Good friend of mine was committed and locked away for a few years at South Beach, Staten Island and man, it was a living hell...


----------



## scatwomb (Sep 26, 2012)

I visited a friend at one in Minneapolis one time and was afraid to eat a rice crispy bar because I assumed the nurses put sedatives in it. Made me think I was the one who was admitted. Har har har.


----------



## Nelco (Oct 2, 2012)

guilty
otherwise i plead the 5th


----------



## Noble Savage (Oct 2, 2012)

nope... being a little crazy keeps me from going insane


----------



## Nelco (Oct 10, 2012)

mental wards are worthless unless you want to go on an adventure
I got kicked out for inciting a succesful riot in the ward when I was 15
it's really not that hard to get angst youths to be crazy in a ward
but the two tech's that quit they're jobs, to back us was what made it worthy
stupid fucking ward
WIN


----------



## scatwomb (Oct 10, 2012)

My girlfriend is a nurse at a psych ward. 

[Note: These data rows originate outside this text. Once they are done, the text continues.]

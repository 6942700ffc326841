-- ===== src/SafeDrop/Check/Paths.antt =====
-- The visits of a block's branches: the end of `check` of safedrop/safedrop.rs, which is `go_on`.
use rapx_log.Prelude.{
  ℕ, ◌%◌, ◌^◌, ◌≤◌, ◌<◌, ◌≡◌, ◌⊎◌, Option, none, some, List, [], ◌∷◌, ◌++◌, map, put, ok,
}
use rapx_log.SafeDrop.State.{SafeDropGraph, M, usize_max}
use rapx_log.SafeDrop.Check.{visit_limit, Choice, single, per_value, every}

-- A branch: its block, and the value that it fixes for a node.
pub data Branch : Type 0 where
  -- followed with the state as it is, which it may change
  in_place : ℕ → Branch
  -- visited apart, unless the limit of visits is passed
  limited : ℕ → Option (ℕ × ℕ) → Branch
  -- visited apart, always
  always : ℕ → Option (ℕ × ℕ) → Branch

abbrev pub target : Branch → ℕ
target (in_place n) = n
target (limited n fixes) = n
target (always n fixes) = n

abbrev pub fixed : Branch → Option (ℕ × ℕ)
fixed (in_place n) = none
fixed (limited n fixes) = fixes
fixed (always n fixes) = fixes

-- The branches that a choice means, in their order.
abbrev pub branches : List ℕ → Choice → List Branch
branches nexts (single n) = in_place n ∷ []
branches nexts (per_value id t) =
    map (λ (arm : ℕ × ℕ). limited arm.1 (some (id, arm.0 % 2 ^ 64))) t.targets
    ++ always t.otherwise (some (id, usize_max)) ∷ []
branches nexts every = map (λ n. limited n none) nexts

-- The state of the path is the same: values, constants, aliases and the record of the dead.
pub record SamePath (g h : SafeDropGraph) : Type 0 where
  pub values : h.values ≡ g.values
  pub constants : h.constants ≡ g.constants
  pub alias_set : h.alias_set ≡ g.alias_set
  pub dead_record : h.dead_record ≡ g.dead_record

-- What holds behind the branches. A single branch is followed in place.
abbrev pub Leaves : SafeDropGraph → Choice → SafeDropGraph → Type 0
Leaves g (single n) h = Unit {0}
Leaves g (per_value id t) h = SamePath g h
Leaves g every h = SamePath g h

module _ (check : ℕ → M (Unit {0})) (g : SafeDropGraph) where
  -- `k` with the state of the path of `g`; the rest, as the visits and the reports, is that of `k`.
  abbrev pub back : SafeDropGraph → SafeDropGraph
  back k = record k {
    values = g.values;
    constants = g.constants;
    alias_set = g.alias_set;
    dead_record = g.dead_record;
  }

  -- The same, with the value that a branch fixes.
  abbrev pub entry : Option (ℕ × ℕ) → SafeDropGraph → SafeDropGraph
  entry none k = back k
  entry (some (id, val)) k = record (back k) { constants = put g.constants id val }

  abbrev pub Entered : ℕ → Option (ℕ × ℕ) → SafeDropGraph → SafeDropGraph → Type 0
  Entered n fixes k h = (j : SafeDropGraph) × (check n (entry fixes k) ≡ ok (tt, j)) × (h ≡ back j)

  -- The visit of a branch, from `k` to `h`.
  abbrev pub Visit : Branch → SafeDropGraph → SafeDropGraph → Type 0
  Visit (in_place n) k h = check n k ≡ ok (tt, h)
  Visit (limited n fixes) k h =
      (visit_limit < k.visit_times) × (h ≡ k) ⊎ (k.visit_times ≤ visit_limit) × Entered n fixes k h
  Visit (always n fixes) k h = Entered n fixes k h

  -- One visit after the other.
  abbrev pub Visits : List Branch → SafeDropGraph → SafeDropGraph → Type 0
  Visits [] k h = h ≡ k
  Visits (b ∷ bs) k h = (i : SafeDropGraph) × Visit b k i × Visits bs i h

  -- `check` returns wherever the branch may be entered.
  abbrev pub IsEnterable : Branch → Type 0
  IsEnterable b =
      (k : SafeDropGraph)
      → (j : SafeDropGraph) × (check (target b) (entry (fixed b) k) ≡ ok (tt, j))

  -- A run from where the path is that of `g`, which takes the visits `R` and comes back to it.
  abbrev Runs : M (Unit {0}) → (SafeDropGraph → SafeDropGraph → Type 0) → SafeDropGraph → Type 0
  Runs m R k = (h : SafeDropGraph) × (m (back k) ≡ ok (tt, back h)) × R (back k) (back h)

She basically thinks that all the nurses are petty unsympathetic bitches who hate the patients (she likes working with the patients, but, not the nurses). And that the psych techs are generally a bit slow, but, are nice, caring, but firm, people. 

So, if you're ever in a psych ward and the nurse is being a jerkwad, they probably just hate their job.


----------



## Ekstasis (Oct 11, 2012)

I worked in a drug detox as a nurse, and a few other health-care jobs, pretty much the same thing as a psych ward most days. 

It wouldn't be a fun place to be locked up for any length of time, interesting until bedtime for one day, maybe. 

Food is generally crap, boring all around; you can only listen to a guy grunt or make other crazy noises repeatedly for hours, before you go crazy yourself. You also have to deal with the people that finger paint with or eat shit. Or the sweet, little, old lady nympho, who has solo sex 48 times a day and sneaks up on you and pats your cheek with wet fingers, while you are doing paperwork! But that didn't happen to me..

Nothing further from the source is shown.